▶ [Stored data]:
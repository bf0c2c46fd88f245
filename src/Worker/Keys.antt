-- ===== src/Worker/Keys.antt =====
-- The names of the queues in html_parser.c and process_cycle.c: `url_list_%d`.
use native.Mathlib.Nat.{pow-suc}
use crawler.Base.{
  ℕ, zero, suc, ◌+◌, ◌-◌, ◌*◌, ◌/◌, ◌%◌, ◌^◌, ◌<◌, ◌≡◌, sym, ap, ◌∙◌, inl, inr, List, [], ◌∷◌, ◌++◌,
  ltb, drop, Bool-cases, arith,
}
use crawler.Head.Fields.{codes}
use crawler.Parser.Links.{decimal_before, list_key}

-- The number that a text of digits stands for, behind the digits of n.
abbrev value_from : ℕ → List ℕ → ℕ
value_from n [] = n
value_from n (c ∷ cs) = value_from (10 * n + (c - 48)) cs

decimal_before-value :
    (k n : ℕ) (rest : List ℕ)
    → n < 10 ^ k
    → value_from 0 (decimal_before k n rest) ≡ value_from n rest
unfolding decimal_before
decimal_before-value zero n rest few = let e : 0 ≡ n = omega arith in ap (λ m. value_from m rest) e
decimal_before-value (suc k) n rest few = elim (Bool-cases (ltb n 10)) [
  | inl small ↦
      let e : 10 * 0 + (48 + n % 10 - 48) ≡ n = ground arith in
      rw small (ap (λ m. value_from m rest) e)
  | inr big ↦
      let e : 10 * (n / 10) + (48 + n % 10 - 48) ≡ n = omega arith in
      let fewer : n / 10 < 10 ^ k = omega (arith, pow-suc 10 k) in
      rw big (
        decimal_before-value k (n / 10) ((48 + n % 10) ∷ rest) fewer
        ∙ ap (λ m. value_from m rest) e)
]

prefix_eq : (xs ys : List ℕ) → codes "url_list_" ++ xs ≡ codes "url_list_" ++ ys → xs ≡ ys
prefix_eq xs ys h = ap (λ l. drop 9 l) h

-- Workers of different numbers have different queues.
pub list_key_inj : (m n : ℕ) → m < 10 ^ 10 → n < 10 ^ 10 → list_key m ≡ list_key n → m ≡ n
unfolding list_key
list_key_inj m n hm hn h =
    let same = prefix_eq (decimal_before 10 m []) (decimal_before 10 n []) h in
    sym (decimal_before-value 10 m [] hm) ∙ ap (value_from 0) same ∙ decimal_before-value 10 n [] hn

▶ [ACTIVITY]: Reproduce exactly the lines that run from the start of the records to the line with "value_from n rest", both included.

▶ [RESULT BELOW]:
repository bf0c2c46fd88f245
filename src/Worker/Keys.antt
-- ===== src/Worker/Keys.antt =====
-- The names of the queues in html_parser.c and process_cycle.c: `url_list_%d`.
use native.Mathlib.Nat.{pow-suc}
use crawler.Base.{
  ℕ, zero, suc, ◌+◌, ◌-◌, ◌*◌, ◌/◌, ◌%◌, ◌^◌, ◌<◌, ◌≡◌, sym, ap, ◌∙◌, inl, inr, List, [], ◌∷◌, ◌++◌,
  ltb, drop, Bool-cases, arith,
}
use crawler.Head.Fields.{codes}
use crawler.Parser.Links.{decimal_before, list_key}

-- The number that a text of digits stands for, behind the digits of n.
abbrev value_from : ℕ → List ℕ → ℕ
value_from n [] = n
value_from n (c ∷ cs) = value_from (10 * n + (c - 48)) cs

decimal_before-value :
    (k n : ℕ) (rest : List ℕ)
    → n < 10 ^ k
    → value_from 0 (decimal_before k n rest) ≡ value_from n rest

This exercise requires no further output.